There are, as with any tool, limitations, though.  So far, the only way to create the visualizations is using the speakers, organizations, and categories with directional lines indicating agreement or disagreement.  I have not found a way of creating networks of “statements.”  In other words, I have not found a way to pull a category and then visualize the network of statements about that category and how they relate to each speaker; however, I have only begun the process of creating visualizations.  Another complication is that I have only found ways to make a statement associated with one category.  I’m fairly certain I can find a work around for that, but for the moment, that’s not worked out; however, I will say that having to choose between regular category designations (ones of my own creation) did make me very attuned to my assumptions about the text.  That process helped me to realize how my visualizations of these networks will always be limited and remind me that I need to make those limitations transparent when I write about what the visualization actually visualizes.
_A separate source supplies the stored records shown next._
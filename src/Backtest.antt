-- ===== src/Backtest.antt =====
-- settlement/backtest.py: the backtest replay owner. `Amounts` has its arithmetic, `Record` the
-- recording of a fill; `Order` proves what a recorded fill rests on and that fills move forward.
mod Amounts
mod Record
mod Close
mod Open
pub mod Finality
pub mod Order
pub mod Accounts
pub mod Ledger
unfoldable pub use Amounts.*
unfoldable pub use Record.*
unfoldable pub use Close.*
unfoldable pub use Open.*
In the meantime, even though I am not teaching right now, I’m really excited about what this kind of software could mean for my students.  In the English 101 courses at the University of Maryland, students write three linked assignment papers on a self-selected research topics.  These are position papers, where the student must make purposeful arguments for what he or she believes in and respond to the discourse of the field in which their selected debate is ongoing.  We generally assign an annotated bibliography as the first part of that linked assignment as a way of getting students to read the work and to then explain who agrees with each other on particular points and who disagrees.  The hard part of this assignment is that each entry is generally 2 paragraphs long and includes only 8-10 sources, and getting the students to actually compare arguments, identifying points of agreement and disagreement is difficult.  However, if the assignment were to use the Discourse Network Analyzer to import each article and then go through each article tagging “statements,” “speakers,” “organizations,” and “categories” (for example, are the speakers arguing that a particular action should be taken or that one event causes another…) as well as “agreement” or “disagreement” with that statement, they might begin to see how their readings create a network of ideas and by understanding who agrees and what they agree upon, the student might be better able to situate him or herself within the discourse of that issue.  It’s an intriguing idea to me, and at some point when I’m teaching again, I think I’m going to make use of this technology.